Key Points
- Several senolytic agents have been established to reduce age-related organ dysfunction and deterioration by selectively eliminating aged, non-proliferative senescent cells.
- Supplementing mice with the senolytic fisetin increases their average lifespan by as much as 25%.
As we grow older, the number of aged, non-proliferative senescent cells that release a milieu of inflammatory molecules to surrounding cells increases throughout our bodies. The molecule combination that senescent cells release (the senescence-associated secretory phenotype [SASP]) also induces healthy cells that come into contact with them to become senescent. Although most cells reach a point where they undergo programmed cell death (apoptosis), as we get older, more and more cells become senescent and survive molecular apoptosis cues. Since our immunity wanes with age, our immune systems also have a more difficult time disposing of senescent cells.
This age-associated accumulation of senescent cells facilitates tissue inflammation and organ damage. Intriguingly, some researchers propose age-related senescent cell accumulation is one of the reasons we age.

Senolytics Explained
Scientists have considered eliminating senescent cells as a way to counter the adverse effects of aging, namely to reduce inflammation and improve tissue function. For this purpose, researchers have recently developed a new class of supplements called senolytics, the majority of which are derived from a class of molecules found in fruits and vegetables called polyphenols. These new drugs can selectively trigger cell death (apoptosis) in senescent cells without considerably damaging healthy cells.

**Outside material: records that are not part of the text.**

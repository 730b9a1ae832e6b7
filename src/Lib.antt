-- ===== src/Lib.antt =====
-- Verification of the backup system: the archive format, its codecs, hashes and
-- ciphers, and the server that keeps archives of its users.
--
-- The program packs a directory into one stream of bytes, compresses it, encrypts it, and writes it
-- behind a header of 112 bytes; restoring undoes the stages in the reverse order. The stages work
-- on files; here a file is the list of its bytes, a stage is a function from its input to its
-- output, and a thrown BackupError is `err` with the text of the message. The streams that read
-- are functions from the bytes that are left to a value and the rest (`Reader`).
--
-- The files and the code that they model, in DataBackup/core unless another place is named:
--   Base              the natural numbers as the program's integers, lists with native lengths,
--                     bit operations, and the results of fallible operations
--   Stream            common.cpp: exact reads, little-endian words, strings, copyBytes
--   Stream/Post       postconditions of readers on every input
--   Stream/Consumed   what a reader accepts, with the bytes that it takes; Stream/Readers has the
--                     readers of common.cpp
--   Format            libs/core.hpp: the algorithm identifiers and ArchiveInfo
--   Archive           archive.cpp: writeArchiveHeader, readArchiveHeader
--   Entry             entry.cpp: writeEntryMetadata, readEntryMetadata
--   Pack              pack.cpp: packStream, packIndex, readStreamEntries, readIndexEntries,
--                     readPackedEntries; the data of source files and the check of a hard link are parameters
--   Rle               compress_rle.cpp: rleCompress with its lambdas, rleDecompress
--   Compression       compress_rle.cpp: compressStage, decompressStage; the Huffman codec is a
--                     parameter
--   Lz77              compress_lz77.cpp: token sequences (Lz77), class Lz77Encoder (Lz77/Encoder),
--                     decodeBlock (Lz77/Decoder), lz77Compress and lz77Decompress (Lz77/Stage)
--   Sha256            sha256.cpp: class Sha256, class HmacSha256, hmacFile, shaFileRange
--   Crypto            crypto.cpp: deriveKey, ChaCha20, AES-256 in counter mode, cryptStage
--   Engine            engine.cpp, archive.cpp: BackupEngine::create from the packed file on,
--                     withDecodedArchive up to the packed file, archiveAuthentication
--   Entry/Rules       entry.cpp: safeArchivePath, validateEntries; Paths and Shape say what a safe path
--                     and a tree of entries are without the code that tests them
--   Network           DataBackup/network/io.cpp: words, strings and frames of the wire
--   Network/Accounts  DataBackup/network/auth_store.cpp: the user database, backup metadata
--   Network/Messages  DataBackup/network/session.cpp: the payloads of requests and answers
--   Network/Session   DataBackup/network/session.cpp: the handlers of handleSession, handleUpload and
--                     handleDownload; the moves of a server with its connections (Dispatch)
--   Tests             examples of the theorems and test vectors of the standards
--
-- Names follow the source in snake_case: `rle_compress` is rleCompress, `Lz77.Encoder.insert` is
-- Lz77Encoder::insert. State that methods change is passed explicitly (`Sha256`, `RleState`,
-- `Lz77Encoder`). Integers are natural numbers; where a machine word wraps around, the definition
-- takes the remainder. A signed time is the 64-bit pattern that is stored.
--
-- Loops with a bound that is not structural run on fuel: the bytes still wanted, or the bytes that
-- are left, since each round takes one at least. `out_of_fuel` is the outcome of a loop that ran
-- out; it is no outcome of the program, and the theorems on complete operations exclude it. The
-- RLE encoder and the ciphers read buffers of 1 MiB; RLE keeps its state across them, so its
-- buffers are one list here, while the loops of copyBytes, hmacFile, shaFileRange and cryptStage
-- keep their buffers.
--
-- The server is a state (`Server`: the file of the accounts, the counts of activeSessions, the stored
-- backups, each as the bytes of its .meta and .bak files) with a list of connections (`Connection`: the variables of handleSession, and of
-- handleUpload while an upload is under way). A frame is handled in one step; frames of different
-- connections interleave freely, and a connection can close at any time. Random bytes and the clock
-- are arguments of a step. Where identifiers for a new backup run out, the step has no outcome.
--
-- Not modelled: cancellation and progress callbacks, failures of the operating system, temporary
-- files and the atomic commit of an output, the scan of a directory, restoration, the Huffman
-- codec (a parameter of the stages), automatic backups, polling, timeouts and TLS, the network
-- client, the command line and the graphical interface. The security of the ciphers and of the hash
-- is no subject of the theorems.
pub mod Base
pub mod Stream
pub mod Rle
pub mod Lz77
pub mod Network
pub mod Compression
pub mod Format
pub mod Archive
pub mod Engine
pub mod Entry
pub mod Pack
pub mod Sha256
pub mod Crypto
pub mod Tests
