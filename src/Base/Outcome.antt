-- ===== src/Base/Outcome.antt =====
-- What a fallible operation returns. `err` carries the text of the BackupError thrown;
-- `out_of_fuel` is no outcome of the program: a loop of the model ran through its fuel.
use Prim.Native.String.{String}
use mathlib.Core.Path.{◌≡◌, refl}
use mathlib.Core.Bool.{Bool, true, false}

pub data Result {ℓ} (A : Type ℓ) : Type ℓ where
  ok : A → Result A
  err : String → Result A
  out_of_fuel : Result A

-- The first error ends a computation.
abbrev pub ◌>>=◌ {ℓ κ} : {X : Type ℓ} {Y : Type κ} → Result X → (X → Result Y) → Result Y
out_of_fuel >>= k = out_of_fuel
err message >>= k = err message
ok x >>= k = k x

abbrev pub ◌>>◌ {ℓ κ} : {X : Type ℓ} {Y : Type κ} → Result X → Result Y → Result Y
first >> second = first >>= λ _. second

infixl 5 ◌>>=◌ ◌>>◌
-- `ensure` of common.cpp: a false condition throws the message.
abbrev pub ensure : Bool → String → Result (Unit {0})
ensure true message = ok tt
ensure false message = err message

-- What a computation that returned went through.
pub bind-eq-ok {ℓ κ} :
    {X : Type ℓ} {Y : Type κ} (r : Result X) {f : X → Result Y} {y : Y}
    → (r >>= f) ≡ ok y
    → (x : X) × (r ≡ ok x) × (f x ≡ ok y)
bind-eq-ok (ok x) h = (x, refl, h)
bind-eq-ok (err e) h = absurd (cc)
bind-eq-ok out_of_fuel h = absurd (cc)

pub ensure-eq-ok {κ} :
    {Y : Type κ} (b : Bool) (message : String) {k : Result Y} {y : Y}
    → (ensure b message >> k) ≡ ok y
    → (b ≡ true) × (k ≡ ok y)
ensure-eq-ok true message h = (refl, h)
ensure-eq-ok false message h = absurd (cc)

pub ok-injective {ℓ} : {X : Type ℓ} {x y : X} → Result.ok x ≡ ok y → x ≡ y
ok-injective h = cc
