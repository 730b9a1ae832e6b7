-- ===== src/Stream.antt =====
-- DataBackup/core/common.cpp: exact reads and writes, little-endian words, length-prefixed strings.
-- An input stream is the list of bytes not read yet; a writer returns the bytes that it appends to
-- the output stream. A std::string is the list of its bytes.
pub mod Words
pub mod Text
pub mod Consumed
pub mod Equal
pub mod Copy
pub mod Post
pub mod Readers
use backup_system.Base.{
  ℕ, zero, suc, ◌+◌, ◌-◌, ◌*◌, ◌/◌, ◌%◌, ◌^◌, ◌<◌, min, bit_or, String, Bool, true, false, ◌&&◌,
  List, [], ◌∷◌, ◌++◌, length, take, drop, leb, ltb, ◌==◌, if◌then◌else◌,
}
use backup_system.Base.Outcome
use backup_system.Base.Outcome.{Result, ok, err, out_of_fuel}

abbrev pub Bytes : Type 0
Bytes = List ℕ

abbrev pub IsByte : ℕ → Type 0
IsByte b = b < 256

-- Reading from a std::istream: the value, and the bytes that are left.
abbrev pub Reader {ℓ} : Type ℓ → Type ℓ
Reader A = Bytes → Result (A × Bytes)

infixl 5 ◌>>=◌ ◌>>◌
abbrev pub ◌>>=◌ {ℓ κ} : {A : Type ℓ} {B : Type κ} → Reader A → (A → Reader B) → Reader B
◌>>=◌ m f = λ input. Outcome.◌>>=◌ (m input) λ (a, rest). f a rest

abbrev pub ◌>>◌ {ℓ κ} : {A : Type ℓ} {B : Type κ} → Reader A → Reader B → Reader B
m >> k = m >>= λ _. k

abbrev pub pure {ℓ} : {A : Type ℓ} → A → Reader A
pure a input = ok (a, input)

abbrev pub ensure : Bool → String → Reader (Unit {0})
ensure true message input = ok (tt, input)
ensure false message input = err message

-- `in.peek() == eof`, or the message.
unfoldable pub at_end : String → Reader (Unit {0})
at_end message [] = ok (tt, [])
at_end message (b ∷ bs) = err message

-- The value of a reader that has read all that it wants.
abbrev pub run {ℓ} : {A : Type ℓ} → Reader A → Bytes → Result A
run m input = Outcome.◌>>=◌ (m input) λ (a, rest). ok a

-- `==` on two arrays of bytes.
unfoldable pub bytes_eq : Bytes → Bytes → Bool
bytes_eq [] [] = true
bytes_eq (x ∷ xs) (y ∷ ys) = x == y && bytes_eq xs ys
bytes_eq [] (y ∷ ys) = false
bytes_eq (x ∷ xs) [] = false

abbrev pub buffer_size : ℕ
buffer_size = 1024 * 1024

abbrev pub max_string : ℕ
max_string = 1024 * 1024

unfoldable pub read_exact : ℕ → Reader Bytes
read_exact size input =
    if leb size (length input)
    then ok (take size input, drop size input)
    else err "truncated or unreadable input stream"

-- `b[i] = static_cast<uint8_t>(value >> (i * 8))` for the next `n` indices from `i` on.
unfoldable pub word_bytes : ℕ → ℕ → ℕ → Bytes
word_bytes zero i value = []
word_bytes (suc n) i value = (value / 2 ^ (i * 8) % 2 ^ 8) ∷ word_bytes n (i + 1) value

-- `v |= static_cast<uintW_t>(b[i]) << (i * 8)` over the bytes from index `i` on.
unfoldable pub or_bytes : ℕ → ℕ → ℕ → Bytes → ℕ
or_bytes w i v [] = v
or_bytes w i v (b ∷ bs) = or_bytes w (i + 1) (bit_or v (b * 2 ^ (i * 8) % 2 ^ w)) bs

unfoldable pub write_u8 : ℕ → Bytes
write_u8 value = word_bytes 1 0 value

unfoldable pub write_u16 : ℕ → Bytes
write_u16 value = word_bytes 2 0 value

unfoldable pub write_u32 : ℕ → Bytes
write_u32 value = word_bytes 4 0 value

unfoldable pub write_u64 : ℕ → Bytes
write_u64 value = word_bytes 8 0 value

-- One word of `n` bytes.
unfoldable pub read_word : ℕ → Reader ℕ
read_word n = do b ← read_exact n; pure (or_bytes (n * 8) 0 0 b)

unfoldable pub read_u8 : Reader ℕ
read_u8 = read_word 1

unfoldable pub read_u16 : Reader ℕ
read_u16 = read_word 2

unfoldable pub read_u32 : Reader ℕ
read_u32 = read_word 4

unfoldable pub read_u64 : Reader ℕ
read_u64 = read_word 8

unfoldable pub write_string : Bytes → Result Bytes
write_string value =
    if leb (length value) max_string
    then ok (write_u32 (length value) ++ value)
    else err "archive string is too long"

-- `value.find('\0') == std::string::npos`
unfoldable pub no_nul : Bytes → Bool
no_nul [] = true
no_nul (b ∷ bs) = let rest = no_nul bs in if b == 0 then false else rest

-- An empty string reads nothing more; `read_exact 0` does the same.
unfoldable pub read_string : Reader Bytes
read_string = do
  size ← read_u32
  ensure (leb size max_string) "archive string length exceeds safety limit"
  value ← read_exact size
  ensure (no_nul value) "archive path contains NUL"
  pure value

-- The loop of copyBytes; `done` bytes are copied so far.
unfoldable pub copy_loop : ℕ → ℕ → ℕ → Bytes → Reader Bytes
copy_loop zero count done output input = if ltb done count then out_of_fuel else ok (output, input)
copy_loop (suc fuel) count done output input = elim (ltb done count) [
  | true ↦
      let wanted = min buffer_size (count - done) in
      elim (leb wanted (length input)) [
        | true ↦
            copy_loop fuel count (done + wanted) (output ++ take wanted input) (drop wanted input)
        | false ↦ err "truncated input while copying data"
      ]
  | false ↦ ok (output, input)
]

-- Each round copies a byte at least, so `count` rounds are enough.
unfoldable pub copy_bytes : ℕ → Reader Bytes
unfolding copy_loop
copy_bytes count = copy_loop count count 0 []
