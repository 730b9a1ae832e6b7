-- ===== src/Format.antt =====
-- The enumerations and records of libs/core.hpp that an archive stores, with their identifiers.
use backup_system.Base.{ℕ, if◌then◌else◌, ◌==◌}
use backup_system.Stream.{Bytes}

pub data PackAlgorithm : Type 0 where
  stream index : PackAlgorithm

pub data CompressionAlgorithm : Type 0 where
  none rle huffman lz77 : CompressionAlgorithm

pub data EncryptionAlgorithm : Type 0 where
  none chacha20 aes256 : EncryptionAlgorithm

-- `static_cast<uint8_t>`
unfoldable pub pack_id : PackAlgorithm → ℕ
pack_id stream = 1
pack_id index = 2

unfoldable pub compression_id : CompressionAlgorithm → ℕ
compression_id CompressionAlgorithm.none = 0
compression_id rle = 1
compression_id huffman = 2
compression_id lz77 = 3

unfoldable pub encryption_id : EncryptionAlgorithm → ℕ
encryption_id EncryptionAlgorithm.none = 0
encryption_id chacha20 = 3
encryption_id aes256 = 4

-- The casts back; they are made only after the identifier was checked.
unfoldable pub pack_of : ℕ → PackAlgorithm
pack_of id = if id == 1 then stream else index

unfoldable pub compression_of : ℕ → CompressionAlgorithm
compression_of id =
    if id == 0
    then CompressionAlgorithm.none
    else if id == 1
    then rle
    else if id == 2
    then huffman
    else lz77

unfoldable pub encryption_of : ℕ → EncryptionAlgorithm
encryption_of id =
    if id == 0 then EncryptionAlgorithm.none else if id == 3 then chacha20 else aes256

pub record ArchiveInfo : Type 0 where
  pub version : ℕ
  pub pack : PackAlgorithm
  pub compression : CompressionAlgorithm
  pub encryption : EncryptionAlgorithm
  pub packed_size : ℕ
  pub encoded_size : ℕ
  pub packed_digest : Bytes
  pub encoded_digest : Bytes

Senolytics work by targeting pro-survival pathways, which senescent cells use to evade apoptosis. A big challenge to eliminating senescent cells is that there are multiple types of these cells coming from different tissues, which rely on different pathways for apoptosis evasion. For this reason, the use of multiple senolytics, each targeting different pathways, may be necessary to terminate large swaths of senescent cells. Furthermore, some senescent cells play essential roles in wound healing, so figuring out what each senescent cell population does is critical before deciding which to target.
Examples of Senolytics and Their Preclinical Trials
Within the last decade, researchers have begun putting more stock into the idea that getting rid of senescent cells can counter some of aging’s adverse effects. Along those lines, a number of rodent studies have given positive results, propelling enthusiasm for senolytics.
Examples include the use of the senolytic agents dasatinib and quercetin, a combination that was found to improve cardiac function in naturally aged and atherosclerosis mouse models. Another study using dasatinib and quercetin found the senolytic combination enhanced exercise capacity and radiation-damaged mice. The dasatinib and quercetin senolytic combination also delayed the onset of physical dysfunction in prematurely aging mice. These studies are among some of the major findings from animal studies using the senolytic agents dasatinib and quercetin.
Fisetin, a plant flavonoid found in foods like strawberries and onions, has garnered positive findings when applied in mouse studies. Fisetin attenuates age-related pathologies and increases healthy mouse average lifespan by ~25%. The question remains how well the dasatinib and quercetin along with fisetin findings in rodent studies will translate to humans.

Active and Planned Senolytic Human Trials
Data from early pilot human trials indicate that senolytics potently eliminate senescent cells, alleviate inflammation and reduce frailty in humans. Clinical trials for Alzheimer’s disease, COVID-19, diabetes, eye disorders, lung fibrosis, osteoarthritis, osteoporosis, bone marrow transplantation, and childhood cancer survivors are currently underway. Until the conclusion of such studies, it’s too early to say how effective senolytics will be for aged people.
The first senolytic clinical trial demonstrated improved physical function in patients with lung scarring (idiopathic pulmonary fibrosis) who took dasatinib and quercetin. Another human trial reported dasatinib and quercetin treatment reduces senescent cell burden in fat tissues (adipose tissue) of patients developing diabetic kidney disease. Moreover, circulating SASP factors inducing inflammation were reduced in these patients.
More recently, a phase I clinical trial of dasatinib and quercetin for Alzheimer’s disease reported that intermittent senolytic administration decreases a hallmark of Alzheimer’s disease pathology — tau protein aggregates. The same study showed dasatinib and quercetin reduce neuroinflammation, preserve neurons, and partly restore blood flow to the brain.
Given the promising findings associated with senolytics and their solid safety profiles, a number of new trials investigating their clinical potential have been initiated. Such studies with dasatinib and quercetin include those for mild cognitive impairment and Alzheimer’s disease, liver disease, and cancer. Fisetin is also being investigated for conditions like cancer, COVID-19, and Carpal Tunnel syndrome. If these trials produce positive results, using senolytic agents against age-related physiological decline may become more and more common.
While the effects of senescent cell accumulation in the body as we get older is under investigation, the evidence showing this accumulation plays a key role in aging makes it a promising target for anti-aging drugs. As such, senolytics present a promising new option to selectively eliminate senescent cells for inflammation reduction and improving tissue health.